Healthx especially likes the new search capabilities in DSE 2.0. In addition to being able to handle real-time and analytic work, their users can now easily perform lightening fast searches for things like, ‘find me a podiatrist who is female, speaks German, and has an office close to where I live.‘
Q9. What about Big Data applications which also need to use Relational Data? Is it possible to integrate DSE 2.0 with a Relational Database? If yes, how? How do you handle query of data from various sources?
Jonathan Ellis: Most customers start by migrating their highest-volume, most-frequently-accessed data to DSE (e.g. with the Sqoop tool I mentioned), and leave the rest in a relational system. So RDBMS interoperability is very common at that level.
It’s also possible to perform analytical queries that mix data from DSE and relational sources, or even a legacy HDFS cluster.
Q10. How can developers use DSE 2.0 for storing, indexing and searching web logs?
Jonathan Ellis: We ship a log4j appender with DSE2, so if your log data is coming from Java, it’s trivial to start streaming and indexing that into DSE. For non-Java systems, we’re looking at supporting ingestion through tools like Flume.
Q11. How do you adjust performance and capacity for various workloads depending on the application needs?
Jonathan Ellis: Currently reprovisioning nodes for different workloads is a manual, operator-driven procedure, made easy with our OpsCenter management tool. We’re looking at delivering automatic adaptation to changing workloads in a future release.
Q12. How DSE 2.0 is influenced by DataStax partnerships with Pentaho Corporation (February 28, 2012) with their Pentaho Kettle?

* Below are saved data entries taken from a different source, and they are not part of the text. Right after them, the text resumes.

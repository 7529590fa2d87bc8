-- ===== src/Remote/ReadOp/Servers.antt =====
-- The servers of the replicas of a block, as a read visits them.
use sandook.Base.{
  suc, ◌≡◌, refl, sym, subst, ◌∙◌, ap, ◌⊎◌, inl, inr, ◌≢◌, ◌≤◌, [], ◌∷◌, some, length, Bool-cases,
  ==_iff, ne_of_==, Bool, true, false, ltb, ◌==◌, if◌then◌else◌, arith,
}
use sandook.Types.{ServerId, ServerBlockInfo, ServerReplicaBlockInfoList}
use sandook.Selection.{ServerSet, insert}
use sandook.Selection.Members.{In}
use sandook.Remote.ReadOp.{find_info, erase, server_ids}

-- The servers of the replicas.
abbrev pub IsServer : ServerReplicaBlockInfoList → ServerId → Type 0
IsServer blks id = (id ≡ blks.front.info.server_id) ⊎ (id ≡ blks.back.info.server_id)

pub find_info-some :
    (blks : ServerReplicaBlockInfoList) (id : ServerId)
    → IsServer blks id
    → (info : ServerBlockInfo) × (find_info blks id ≡ some info)
unfolding find_info
find_info-some blks id h = elim (Bool-cases (blks.front.info.server_id == id)) [
  | inl e ↦ (blks.front.info, rw e refl)
  | inr e ↦ (blks.back.info, rw e (ground (arith, h, e)))
]

In-if :
    (b : Bool) (x y : ServerId) (ys zs : ServerSet)
    → In x (if b then ys else y ∷ zs)
    → (In x zs → In x ys)
    → In x (y ∷ ys)
In-if true x y ys zs h f = inr h
In-if false x y ys zs (inl e) f = inl e
In-if false x y ys zs (inr m) f = inr (f m)

pub In-erase : (id x : ServerId) (xs : ServerSet) → In x (erase id xs) → In x xs
unfolding erase
In-erase id x [] h = h
In-erase id x (y ∷ ys) h = In-if (y == id) x y ys (erase id ys) h (In-erase id x ys)

pub erase-In : (id x : ServerId) (xs : ServerSet) → id ≢ x → In x xs → In x (erase id xs)
unfolding erase
erase-In id x [] n h = h
erase-In id x (y ∷ ys) n h = elim (Bool-cases (y == id)) [
  | inl e ↦ rw e (elim h [ inl p ↦ absurd (n (ground (arith, e, p))) | inr m ↦ m ])
  | inr e ↦ rw e (elim h [ inl p ↦ inl p | inr m ↦ inr (erase-In id x ys n m) ])
]

pub length-erase :
    (id : ServerId) (xs : ServerSet) → In id xs → suc (length (erase id xs)) ≡ length xs
unfolding erase
length-erase id [] h = absurd h
length-erase id (y ∷ ys) h = elim (Bool-cases (y == id)) [
  | inl e ↦ rw e refl
  | inr e ↦
      rw e (elim h [
        | inl p ↦ absurd (ne_of_== y id e (sym p))
        | inr m ↦ ap suc (length-erase id ys m)
      ])
]

-- The set has one element or two, in one of two orders.
server_ids-cases :
    (blks : ServerReplicaBlockInfoList)
    → let a = blks.front.info.server_id in
      let b = blks.back.info.server_id in
      ((server_ids blks ≡ a ∷ []) × (a ≡ b))
      ⊎ ((server_ids blks ≡ a ∷ b ∷ []) ⊎ (server_ids blks ≡ b ∷ a ∷ []))
unfolding server_ids insert
server_ids-cases blks =
    let a = blks.front.info.server_id in
    let b = blks.back.info.server_id in
    elim (Bool-cases (a == b)) [
      | inl e ↦ inl (rw e refl, (==_iff a b).0 e)
      | inr e ↦ elim (Bool-cases (ltb a b)) [
        | inl f ↦ inr (inl (rw (e, f) refl))
        | inr f ↦ inr (inr (rw (e, f) refl))
      ]
    ]

pub none_left : (xs : ServerSet) → suc (length xs) ≤ 0 → ⊥
none_left xs l = omega (arith, l)

pub server_ids-IsServer :
    (blks : ServerReplicaBlockInfoList) (id : ServerId) → In id (server_ids blks) → IsServer blks id
server_ids-IsServer blks id h = elim (server_ids-cases blks) [
  | inl (e, p) ↦ elim (subst (λ l. In id l) e h) [ inl q ↦ inl q | inr m ↦ absurd m ]
  | inr (inl e) ↦ elim (subst (λ l. In id l) e h) [
    | inl q ↦ inl q
    | inr (inl q) ↦ inr q
    | inr (inr m) ↦ absurd m
  ]
  | inr (inr e) ↦ elim (subst (λ l. In id l) e h) [
    | inl q ↦ inr q
    | inr (inl q) ↦ inl q
    | inr (inr m) ↦ absurd m
  ]
]

pub server_ids-In :
    (blks : ServerReplicaBlockInfoList) (id : ServerId) → IsServer blks id → In id (server_ids blks)
server_ids-In blks id h = elim (server_ids-cases blks) [
  | inl (e, p) ↦ rw e (elim h [ inl q ↦ inl q | inr q ↦ inl (q ∙ sym p) ])
  | inr (inl e) ↦ rw e (elim h [ inl q ↦ inl q | inr q ↦ inr (inl q) ])
  | inr (inr e) ↦ rw e (elim h [ inl q ↦ inr (inl q) | inr q ↦ inl q ])
]

pub length-server_ids : (blks : ServerReplicaBlockInfoList) → length (server_ids blks) ≤ 2
length-server_ids blks = elim (server_ids-cases blks) [
  | inl (e, p) ↦ rw e (omega arith)
  | inr (inl e) ↦ rw e (omega arith)
  | inr (inr e) ↦ rw e (omega arith)
]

Jonathan Ellis: A question we get frequently is, “I’m sold on Cassandra and DSE, but I need to not only move data from my existing RDBMS’s to you, but transform the data so that it fits into my new Cassandra data model. How can I do that?” With Sqoop, we can extract and load, but nothing else. The free Pentaho solution provides very powerful transformation capabilities to massage the incoming data in nearly every way under the sun before it’s inserted into Cassandra. It does it very fast too,
and with a visual user interface.
Q13. Anything else to add?
Jonathan Ellis: DSE 2.0 is available for download now and is free to use, without any restrictions, for development purposes. Once you move to production, we do require a subscription, but I think you’ll find that the cost associated with DSE is much less than any RDBMS vendor.
Jonathan Ellis is CTO and co-founder of DataStax (formerly Riptano), the commercial leader in products and support for Apache Cassandra. Prior to DataStax, Jonathan built a multi-petabyte, scalable storage system based on Reed-Solomon encoding for backup provider Mozy. Jonathan is project chair of Apache Cassandra.